Stored data entries:
▬▬▬

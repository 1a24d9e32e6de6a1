-- ===== src/Data.antt =====
-- The records that the translation layer's parts share: app_zmd_entry (xztl-mods.h), the zone, node
-- and node-group structs of xztl-pro.h, and app_group (xztl.h).
-- A pointer into an array is the index of its element; NULL is `none`. TAILQ heads are the lists of
-- the ids of their nodes, first to last.
use x_ztl.Common.{ℕ, ◌+◌, ◌-◌, ◌/◌, ◌%◌, ◌^◌, Bool, ◌==◌, List, Option}
use x_ztl.Common.Int.{ℤ}
use x_ztl.Addr.{Maddr}

-- Unsigned arithmetic of 32 and 64 bits.
abbrev pub add32 : ℕ → ℕ → ℕ
add32 a b = (a + b) % 2 ^ 32

abbrev pub sub32 : ℕ → ℕ → ℕ
sub32 a b = (a + 2 ^ 32 - b) % 2 ^ 32

abbrev pub add64 : ℕ → ℕ → ℕ
add64 a b = (a + b) % 2 ^ 64

abbrev pub sub64 : ℕ → ℕ → ℕ
sub64 a b = (a + 2 ^ 64 - b) % 2 ^ 64

-- enum xztl_zmd_flags; `flags & flag` for a flag of one bit.
abbrev pub xztl_zmd_used : ℕ
xztl_zmd_used = 1

abbrev pub xztl_zmd_open : ℕ
xztl_zmd_open = 2

abbrev pub xztl_zmd_rsvd : ℕ
xztl_zmd_rsvd = 4

abbrev pub xztl_zmd_avlb : ℕ
xztl_zmd_avlb = 8

abbrev pub has_flag : ℕ → ℕ → Bool
has_flag flags flag = flags / flag % 2 == 1

-- enum xztl_zmd_node_status
pub data NodeStatus : Type 0 where
  node_free node_used node_full node_reset : NodeStatus

-- The zone states of the device's report that the source names; `unknown` is any other.
pub data ZoneState : Type 0 where
  zone_empty zone_eopen zone_iopen zone_closed zone_full zone_unknown : ZoneState

-- A zone's entry in the device's report.
pub record Descr : Type 0 where
  pub zcap : ℕ
  pub zs : ZoneState
  pub wp : ℕ

pub record ZmdEntry : Type 0 where
  pub flags : ℕ
  pub level : ℕ
  pub addr : Maddr
  pub wptr : ℕ
  pub wptr_inflight : ℕ

-- `zmd_entry` is an index into the group's zone metadata table.
pub record Zone : Type 0 where
  pub addr : Maddr
  pub zmd_entry : Option ℕ
  pub capacity : ℕ
  pub state : ZoneState

-- `vzones` holds indexes into the group's zones, as many as have been set.
pub record Node : Type 0 where
  pub id : ℕ
  pub vzones : List ℕ
  pub optimal_write_sec_left : ℕ
  pub optimal_write_sec_used : ℕ
  pub nr_finish_err : ℕ
  pub nr_reset_err : ℕ
  pub nr_valid : ℕ
  pub status : NodeStatus
  pub level : ℤ

pub record NodeGrp : Type 0 where
  pub vnodes : List Node
  pub vzones : List Zone
  pub nfree : ℕ
  pub nzones : ℕ
  pub nnodes : ℕ
  pub free_head : List ℕ
  pub used_head : List ℕ
  pub full_head : List ℕ

-- struct app_group with its app_zmd; `tbl` is the zone metadata table, NULL when it is empty.
pub record Group : Type 0 where
  pub id : ℕ
  pub active : ℕ
  pub busy : ℕ
  pub entries : ℕ
  pub tbl : List ZmdEntry
  pub report : List Descr
  pub pro : NodeGrp

-- A provisioned piece: `ctx->addr[i]` and `ctx->nsec[i]`.
pub record Slot : Type 0 where
  pub addr : Maddr
  pub nsec : ℕ

-- struct ztl_queue_pool, as far as provisioning reads it: `node` is the id of the node in use.
pub record QueuePool : Type 0 where
  pub node : Option ℕ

▬▬▬

§ ABOUT THIS EXERCISE: Write out exactly the lines above from the line with "pub nnodes : ℕ" through the line with "pub busy : ℕ", both of them included, and leave out all other lines.

§ WRITTEN ANSWER:
  pub nnodes : ℕ
  pub free_head : List ℕ
  pub used_head : List ℕ
  pub full_head : List ℕ

-- struct app_group with its app_zmd; `tbl` is the zone metadata table, NULL when it is empty.
pub record Group : Type 0 where
  pub id : ℕ
  pub active : ℕ
  pub busy : ℕ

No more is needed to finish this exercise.